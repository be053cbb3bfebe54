-- ===== src/Base/Distinct.antt =====
-- Lists whose elements differ in a key, and what the loops of `Search` do to the keys.
use mathlib.Core.Path.{◌≡◌, refl, sym}
use mathlib.Core.Bool.{Bool, false}
use mathlib.Core.Logic.{◌≢◌, inl, inr}
use mathlib.Core.List.{List, [], ◌∷◌, ◌++◌, map}
use mathlib.Core.Option.{none, some}
use native.Mathlib.Omega.{arith}
use p2p_server.Base.Tests.{Bool-cases}
use p2p_server.Base.Lists.{All}
use p2p_server.Base.Search.{find, modify, remove_first}

module _ {K : Type 0} where
  abbrev pub Distinct : List K → Type 0
  Distinct [] = Unit {0}
  Distinct (k ∷ ks) = All (λ j. j ≢ k) ks × Distinct ks

  pub Distinct-snoc :
      (ks : List K) (k : K) → Distinct ks → All (λ j. j ≢ k) ks → Distinct (ks ++ k ∷ [])
  Distinct-snoc [] k d a = (tt, tt)
  Distinct-snoc (j ∷ ks) k d a = (All-snoc ks d.0 (λ e. a.0 (sym e)), Distinct-snoc ks k d.1 a.1)
    where
      All-snoc : (js : List K) → All (λ i. i ≢ j) js → k ≢ j → All (λ i. i ≢ j) (js ++ k ∷ [])
      All-snoc [] h n = (n, tt)
      All-snoc (i ∷ js) h n = (h.0, All-snoc js h.1 n)

module _ {A K : Type 0} (p : A → Bool) (key : A → K) where
  -- A write to the element found that leaves its key leaves all keys.
  pub map-modify :
      (f : A → A) (xs : List A) (c : A)
      → find p xs ≡ some c
      → key (f c) ≡ key c
      → map key (modify p f xs) ≡ map key xs
  unfolding find modify
  map-modify f [] c e h = refl
  map-modify f (x ∷ xs) c e h = ground (arith, map-modify f xs c)

  pub All-remove_first :
      (P : K → Type 0) (xs : List A) → All P (map key xs) → All P (map key (remove_first p xs))
  unfolding remove_first
  All-remove_first P [] h = h
  All-remove_first P (x ∷ xs) h = elim (Bool-cases (p x)) [
    | inl e ↦ rw e h.1
    | inr e ↦ rw e (h.0, All-remove_first P xs h.1)
  ]

  pub Distinct-remove_first :
      (xs : List A) → Distinct (map key xs) → Distinct (map key (remove_first p xs))
  unfolding remove_first
  Distinct-remove_first [] d = tt
  Distinct-remove_first (x ∷ xs) d = elim (Bool-cases (p x)) [
    | inl e ↦ rw e d.1
    | inr e ↦ rw e (All-remove_first (λ j. j ≢ key x) xs d.0, Distinct-remove_first xs d.1)
  ]

  -- A search by key that finds nothing tells the key from every element's.
  pub All-find-none :
      (k : K)
      → ((x : A) → p x ≡ false → key x ≢ k)
      → (xs : List A) → find p xs ≡ none
      → All (λ j. j ≢ k) (map key xs)
  unfolding find
  All-find-none k h [] e = tt
  All-find-none k h (x ∷ xs) e = elim (Bool-cases (p x)) [
    | inl t ↦ absurd (ground arith)
    | inr t ↦ (h x t, All-find-none k h xs (ground arith))
  ]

→ Goal of the exercise
If a line in the data contains the string "that", copy it.

→ The completed task
  -- A write to the element found that leaves its key leaves all keys.
  -- A search by key that finds nothing tells the key from every element's.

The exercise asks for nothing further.